- WHAT THE TASK REQUIRES:
Copy each line in the data that includes the word "IsEntry".

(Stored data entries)

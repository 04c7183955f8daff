-- ===== src/Cache/Store/Lookups.antt =====
-- The lookups of the response cache over the life of an entry.
use dns_relay.Prelude.{
  ℕ, ◌+◌, ◌-◌, ◌/◌, ◌≤◌, ◌<◌, ◌≡◌, refl, ap, Bool, true, false, List, map, arith, ok, min, ltb, leb,
  Bool-cases, Option-cases, inl, inr, some, refuse, All, guard, ◌>>=◌, ◌>>◌, panic, out_of_fuel,
  subst, if◌then◌else◌, Outcome,
}
use dns_relay.Prelude.Slices.{Bytes}
use dns_relay.Prelude.Writes.{IsBytes}
use dns_relay.Dns.Records.{Rr}
use dns_relay.Dns.Ttl.{response_cache_ttl, age_response_ttls, u32_max}
use dns_relay.Dns.Records.Walk.{ttl_records}
use dns_relay.Dns.Ttl.Aged.{aged_rr, SameBesides, age_response_ttls-ttl_records}
use dns_relay.Dns.Ttl.Minimum.{
  answer_records, LivesFor, response_cache_ttl-answers, response_cache_ttl-header,
}
use dns_relay.Cache.Lru.{Lru, LruLaws}
use dns_relay.Cache.Key.{CacheKey}
use dns_relay.Cache.Store.{
  nanos, CacheEntry, clamp_cache_ttl, new_entry, served, zero_txid, elapsed_secs, cache_lookup,
  cache_lookup_stale, cache_store,
}
use dns_relay.Cache.Store.Invariant.{IsEntry, IsStore, ok_injective, clamp_cache_ttl-seconds}
use dns_relay.Cache.Store.Answers.{
  elapsed_secs-lt, zero_txid-answer_records, zero_txid-IsBytes, aged-answer_records, aged-live,
}

-- What a fresh answer is: the cached response with the id 0, in all but the times to live, with its
-- answers aged, and all of them still alive.
pub record IsFresh (entry : CacheEntry) (now : ℕ) (response packet : Bytes) : Type 0 where
  pub rs : List Rr
  pub in_time : now < entry.fresh_until
  pub before : answer_records response ≡ ok rs
  pub after :
      answer_records packet ≡ ok (map (aged_rr (min (elapsed_secs entry now) u32_max) false) rs)
  pub alive : All (LivesFor 1) (map (aged_rr (min (elapsed_secs entry now) u32_max) false) rs)
  pub records : List Rr
  pub sections : ttl_records (zero_txid response) ≡ ok records
  pub besides : SameBesides records (zero_txid response) packet

flag_set :
    (m : Outcome (Bytes × Bool)) (packet : Bytes)
    → (m >>= λ (p, aged). guard aged >> ok p) ≡ ok packet
    → m ≡ ok (packet, true)
flag_set (ok (p, true)) packet h = ap (λ q. ok (q, true)) (ok_injective h)
flag_set (ok (p, false)) packet h = (let refuted = h in cc)
flag_set refuse packet h = (let refuted = h in cc)
flag_set panic packet h = (let refuted = h in cc)
flag_set out_of_fuel packet h = (let refuted = h in cc)

served-aged :
    (entry : CacheEntry) (now : ℕ) (stale : Bool) (packet : Bytes)
    → served entry now stale ≡ ok packet
    → age_response_ttls entry.packet (elapsed_secs entry now) stale ≡ ok (packet, true)
unfolding served
served-aged entry now stale packet h =
    flag_set (age_response_ttls entry.packet (elapsed_secs entry now) stale) packet h

entry-IsFresh :
    (entry : CacheEntry) (now : ℕ) (packet : Bytes) (w : IsEntry entry)
    → now < entry.fresh_until
    → served entry now false ≡ ok packet
    → IsFresh entry now w.response packet
entry-IsFresh entry now packet w fresh h =
    let (live, (rs, before, lives)) = response_cache_ttl-answers w.response w.ttl w.cacheable in
    let long = response_cache_ttl-header w.response w.ttl w.cacheable in
    let stored : entry.packet ≡ zero_txid w.response = w.kept in
    let aged =
      subst (λ p. age_response_ttls p (elapsed_secs entry now) false ≡ ok (packet, true)) stored
        (served-aged entry now false packet h) in
    let (records, sections, _, _, besides) =
      age_response_ttls-ttl_records (zero_txid w.response) packet (elapsed_secs entry now) false
        (zero_txid-IsBytes w.response w.bytes) aged in
    let young : elapsed_secs entry now < w.ttl =
      elapsed_secs-lt entry w.ttl now live w.fresh fresh in
    record {
      rs = rs;
      in_time = fresh;
      before = before;
      after =
          aged-answer_records (zero_txid w.response) packet (elapsed_secs entry now) false rs
            (zero_txid-IsBytes w.response w.bytes)
            (zero_txid-answer_records w.response rs long before) aged;
      alive =
          aged-live (min (elapsed_secs entry now) u32_max) w.ttl rs (omega (arith, young)) lives;
      records = records;
      sections = sections;
      besides = besides;
    }

module _ (lru : Lru CacheKey CacheEntry) where
  -- In a cache of well-formed entries, a fresh lookup that answers found an entry whose time is not up, and
  -- answers with the cached response with the transaction id 0, the same in every byte that is not in a
  -- time to live of its answer and authority records; its answers' times to live are lowered by the
  -- entry's age in seconds, and all of them still are above 0.
  pub cache_lookup-IsFresh :
      (s : lru.Store) (key : CacheKey) (now : ℕ) (packet : Bytes)
      → IsStore lru s
      → (cache_lookup lru s key now).0 ≡ ok packet
      → (entry : CacheEntry) × (lru.peek s key ≡ some entry)
        × ((w : IsEntry entry) × IsFresh entry now w.response packet)
  unfolding cache_lookup IsStore
  cache_lookup-IsFresh s key now packet wf h = elim (Option-cases (lru.peek s key)) [
    | inl absent ↦ (let refuted = rw absent at h in cc)
    | inr (entry, present) ↦ elim (Bool-cases (leb entry.fresh_until now)) [
      | inl old ↦ (let refuted = rw (present, old) at h in cc)
      | inr fresh ↦ (
        entry,
        present,
        (
          wf key entry present,
          entry-IsFresh entry now packet (wf key entry present) (ground arith)
              (rw (present, fresh) at h),
        ),
      )
    ]
  ]

  -- In a cache of well-formed entries, an entry goes through three ages: at first only the fresh lookup serves it, then only the stale
  -- one, with times to live of 0, and in the end neither does, and the stale lookup drops it.
  pub lookups_by_age :
      (s : lru.Store) (key : CacheKey) (entry : CacheEntry) (now : ℕ)
      → IsStore lru s
      → lru.peek s key ≡ some entry
      → ((cache_lookup lru s key now).0
          ≡ (if ltb now entry.fresh_until then served entry now false else refuse))
        × (cache_lookup_stale lru s key now ≡ (
            if ltb now entry.fresh_until
            then (refuse, lru.touch s key)
            else if ltb now entry.stale_until
            then (served entry now true, lru.touch s key)
            else (refuse, lru.pop s key)))
  unfolding cache_lookup cache_lookup_stale IsStore
  lookups_by_age s key entry now wf present =
      let w = wf key entry present in
      let order : entry.fresh_until ≤ entry.stale_until = omega (arith, w.stale) in
      rw present (ground arith, ground arith)

  -- A response that may be cached and whose records can be aged to their ends is stored, and from then on,
  -- until the clamped time to live is over, the fresh lookup of its key answers with it, aged by the
  -- seconds since then: with the transaction id 0 and the same in every byte that is not in a time to live
  -- of its answer and authority records, its answers' times to live lowered by those seconds and still
  -- above 0. The response consists of bytes.
  pub cache_store-cache_lookup :
      (s : lru.Store) (key : CacheKey) (packet aged : Bytes) (ttl stored_at now : ℕ)
      → LruLaws lru
      → IsBytes packet
      → response_cache_ttl packet ≡ ok ttl
      → stored_at ≤ now
      → now < stored_at + clamp_cache_ttl ttl
      → age_response_ttls (zero_txid packet) ((now - stored_at) / nanos) false ≡ ok (aged, true)
      → (s' : lru.Store) × (cache_store lru s key packet stored_at ≡ ok s')
        × ((cache_lookup lru s' key now).0 ≡ ok aged)
        × IsFresh (new_entry packet ttl stored_at) now packet aged
  unfolding cache_store cache_lookup served
  cache_store-cache_lookup s key packet aged ttl stored_at now laws bytes cacheable past young
        walked =
      let entry = new_entry packet ttl stored_at in
      let w : IsEntry entry = record {
        response = packet;
        ttl = ttl;
        bytes = bytes;
        cacheable = cacheable;
        kept = refl;
        fresh = omega (arith, clamp_cache_ttl-seconds ttl);
        stale = refl;
      } in
      (
        lru.put s key entry,
        rw cacheable refl,
        rw (laws.peek-put_self s key entry)
            (answered (leb (stored_at + clamp_cache_ttl ttl) now) (ground arith)),
        entry-IsFresh entry now aged w young
            (ap (λ m. m >>= λ (p, flag). guard flag >> ok p) walked),
      )
    where
      answered :
          (over : Bool)
          → over ≡ false
          → (if over then refuse else served (new_entry packet ttl stored_at) now false) ≡ ok aged
      answered true e = cc
      answered false e = ap (λ m. m >>= λ (p, flag). guard flag >> ok p) walked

- SOLUTION TO THIS EXERCISE:
use dns_relay.Cache.Store.Invariant.{IsEntry, IsStore, ok_injective, clamp_cache_ttl-seconds}
    (entry : CacheEntry) (now : ℕ) (packet : Bytes) (w : IsEntry entry)
        × ((w : IsEntry entry) × IsFresh entry now w.response packet)
      let w : IsEntry entry = record {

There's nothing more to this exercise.